We must remain vigilant and responsive to the evolving needs of this growing constituency of fellow residents of this country. I hope the Government will continue to engage with BNO holders, the relevant organisation and the experts to develop policies that address their broader challenges, beyond visa provisions. We owe it to these brave individuals to provide them with the necessary support and opportunities to thrive in the UK.
We have had much discussion of the Jimmy Lai case and I know that many Hongkongers, in the wake of that case, feel unsafe when travelling. They fear that the UK, frankly, will not defend them if Beijing attempts to apprehend them in China, Hong Kong or even a third country from which they may be extradited. Again, can the Minister set out the Government’s policy regarding Hong Kong BNO holders when they travel outside this country?
It is also worth the Government considering a discrepancy in our approach to these people. It is not well known that Commonwealth citizens who do not require leave to remain in the UK are eligible to stand for Parliament. In correspondence with Luke de Pulford of the Inter-Parliamentary Alliance on China last year, the former Home Secretary, my right hon. Friend the Member for Witham (Dame Priti Patel) confirmed that that did not extend to Hong Kong people due to a now obsolete rule associated with an annex to the joint declaration. That is in spite of Hong Kong people having been in the same category as those from Commonwealth countries previously for the purposes of immigration law. Many of the 160,000 people are already engaged with political parties in the UK and it feels wrong that they will be excluded from representative politics for another five years. I hope the Minister will agree to look at that.
One last individual case that the Government should consider is that of Andy Li, one of 12 Hongkongers who tried to flee Hong Kong in a boat in August 2020. All were apprehended and taken to Shenzhen prison. We do not know what happened there, but it was sufficiently awful to have persuaded Andy to testify against Jimmy Lai, a man he has never met. Andy has now been transferred to Hong Kong, where he was convicted for collusion with foreign forces. However, he has still not been sentenced, and it seems that the authorities will not do so until he has testified at Jimmy Lai’s trial, underlining the depths to which a once proud legal system has now sunk. Andy Li is a courageous, non-violent Hongkonger whose only crime was to work to defend the promises set out in the joint declaration and Basic Law. He is now in prison precisely because we failed to keep the Chinese Government to their promises.

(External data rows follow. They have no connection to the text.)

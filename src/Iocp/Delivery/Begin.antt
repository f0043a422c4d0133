-- ===== src/Iocp/Delivery/Begin.antt =====
-- An operation is begun, and the kernel completes it.
use jnet_lib.Base.{
  ℕ, ◌≡◌, inl, inr, refl, sym, ap, ap₂, ◌∙◌, subst, Bool, true, false, Bool-cases, List, [], ◌∷◌,
  ◌++◌, length, length-append, update, ◌==◌, arith,
}
use jnet_lib.Errors.{no_error}
use jnet_lib.Iocp.{
  Result, from_kernel, Service, post_deferred_completion, on_completion, work_started, counted,
  flag_ready, store_result, begin_overlapped, begin_completed, begin_posted, kernel_completes,
}
use jnet_lib.Iocp.Delivery.{
  bit, fresh_in-append, result_in-append, View, view, IsUnderWay, IsSound, is_complete, in_kernel,
  is_taken, is_caught, waits,
}
use jnet_lib.Iocp.Delivery.Post.{==_same, post_packet-other, post_packet-waits}

abbrev pub AllSound : Service → Type 0
AllSound s = (j : ℕ) → IsSound (view s j)

-- A step that concerns one operation.
pub at_each :
    (s s' : Service) (k : ℕ)
    → IsSound (view s' k)
    → ((j : ℕ) → (j == k) ≡ false → view s' j ≡ view s j)
    → AllSound s
    → AllSound s'
at_each s s' k here_ other h j = elim (Bool-cases (j == k)) [
  | inl e ↦ subst (λ i. IsSound (view s' i)) (let d : k ≡ j = ground (arith, e) in d) here_
  | inr e ↦ subst IsSound (sym (other j e)) (h j)
]

-- One that concerns none.
pub unseen : (s s' : Service) → ((j : ℕ) → view s' j ≡ view s j) → AllSound s → AllSound s'
unseen s s' e h j = subst IsSound (sym (e j)) (h j)

pub no_growth : {A : Type 0} (xs : List A) (x : A) → xs ≡ xs ++ (x ∷ []) → ⊥
no_growth xs x e = omega (arith, ap length e, length-append xs (x ∷ []))

record IsSettled (v : View) : Type 0 where
  starting : v.starting ≡ false
  fresh : v.fresh ≡ 0
  results : v.results ≡ 0
  held : v.held ≡ []
  same : v.begun ≡ v.completed

not_under_way : (v : View) → IsUnderWay v → v.begun ≡ v.completed → ⊥
not_under_way v u e = no_growth v.completed v.outcome (sym e ∙ u)

settled : (v : View) → IsSound v → v.begun ≡ v.completed → IsSettled v
settled v (is_complete a f c h e) e' = record {
  starting = a;
  fresh = f;
  results = c;
  held = h;
  same = e;
}
settled v (in_kernel a f c h u) e = absurd (not_under_way v u e)
settled v (is_taken a f c h d u) e = absurd (not_under_way v u e)
settled v (is_caught a b f c h d u) e = absurd (not_under_way v u e)
settled v (waits a b f c h d u) e = absurd (not_under_way v u e)

pub begin_overlapped-AllSound :
    (k : ℕ) (r : Result) (s : Service)
    → s.begun k ≡ s.completed k
    → AllSound s
    → AllSound (begin_overlapped k r s)
unfolding begin_overlapped work_started
begin_overlapped-AllSound k r s e h =
    let c = settled (view s k) (h k) e in
    at_each s (begin_overlapped k r s) k
      (rw (==_same k)
        (in_kernel refl (omega (arith, c.fresh)) c.results c.held (ap (λ l. l ++ (r ∷ [])) c.same)))
      (λ j d. rw d refl) h

pub begin_completed-AllSound :
    (ok : Bool) (k : ℕ) (r : Result) (s : Service)
    → s.begun k ≡ s.completed k
    → AllSound s
    → AllSound (begin_completed ok k r s)
unfolding begin_completed work_started on_completion
begin_completed-AllSound ok k r s e h =
    let c = settled (view s k) (h k) e in
    at_each s (begin_completed ok k r s) k
      (post_packet-waits ok k (store_result k r (counted k r s)) c.starting (rw (==_same k) refl)
        c.fresh c.results c.held (rw (==_same k) refl)
        (rw (==_same k) (ap (λ l. l ++ (r ∷ [])) c.same)))
      (λ j d. post_packet-other j k d ok (store_result k r (counted k r s)) ∙ rw d refl) h

pub begin_posted-AllSound :
    (ok : Bool) (k : ℕ) (s : Service)
    → s.begun k ≡ s.completed k
    → AllSound s
    → AllSound (begin_posted ok k s)
unfolding begin_posted work_started post_deferred_completion
begin_posted-AllSound ok k s e h =
    let c = settled (view s k) (h k) e in
    at_each s (begin_posted ok k s) k
      (post_packet-waits ok k (flag_ready k (counted k (no_error, 0) s)) c.starting
        (rw (==_same k) refl) c.fresh c.results c.held (rw (==_same k) refl)
        (rw (==_same k) (ap (λ l. l ++ ((no_error, 0) ∷ [])) c.same)))
      (λ j d. post_packet-other j k d ok (flag_ready k (counted k (no_error, 0) s)) ∙ rw d refl) h

pub kernel_completes-AllSound :
    (k : ℕ) (s : Service) → s.accepted k ≡ true → AllSound s → AllSound (kernel_completes k s)
kernel_completes-AllSound k s e = unseen s (kernel_completes k s) same
  where
    same : (j : ℕ) → view (kernel_completes k s) j ≡ view s j
    same j =
        ap₂ (λ n m. record (view s j) { fresh = n; results = m })
          (elim (Bool-cases (j == k)) [
            | inl d ↦
                (let z : update s.accepted k false j ≡ false = ground (arith, d) in
                  let w : s.accepted j ≡ true =
                    ap s.accepted (let q : j ≡ k = ground (arith, d) in q) ∙ e in
                  omega (
                    arith,
                    ap bit z,
                    ap bit w,
                    ap bit d,
                    fresh_in-append j s.port (from_kernel k ∷ []),
                  ))
            | inr d ↦
                (let z : update s.accepted k false j ≡ s.accepted j = ground (arith, d) in
                  omega (arith, ap bit z, ap bit d, fresh_in-append j s.port (from_kernel k ∷ [])))
          ])
          (omega (arith, result_in-append j s.port (from_kernel k ∷ [])))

Some of those sanctioned by the Chinese Government, including my hon. Friend the Member for Isle of Wight (Bob Seely) and Lord Alton of Liverpool, were mentioned in Andy Li’s case file as an example of the foreign forces with which he is supposed to have colluded. It was on that basis that all those figures were warned by the Foreign Office of extradition to China as they are likely seen as criminal under the national security law, which claims universal jurisdiction even over foreign nationals. Again, I hope the Minister will agree with me that this House and the Government cannot stand by while people are imprisoned because of entirely legitimate work with Members of this place and will agree to redouble their efforts to see Andy Li freed.
I appreciate the difficulties that Ministers face in maintaining a position of robust pragmatism, but it is incumbent on them to defend the rule of law and international treaties, and they need to defend that position consistently and over a long period. That would be in the best traditions of the British Government and the British people. We owe it to Hongkongers to maintain the “robust” part of “robust pragmatism” for as long as it takes.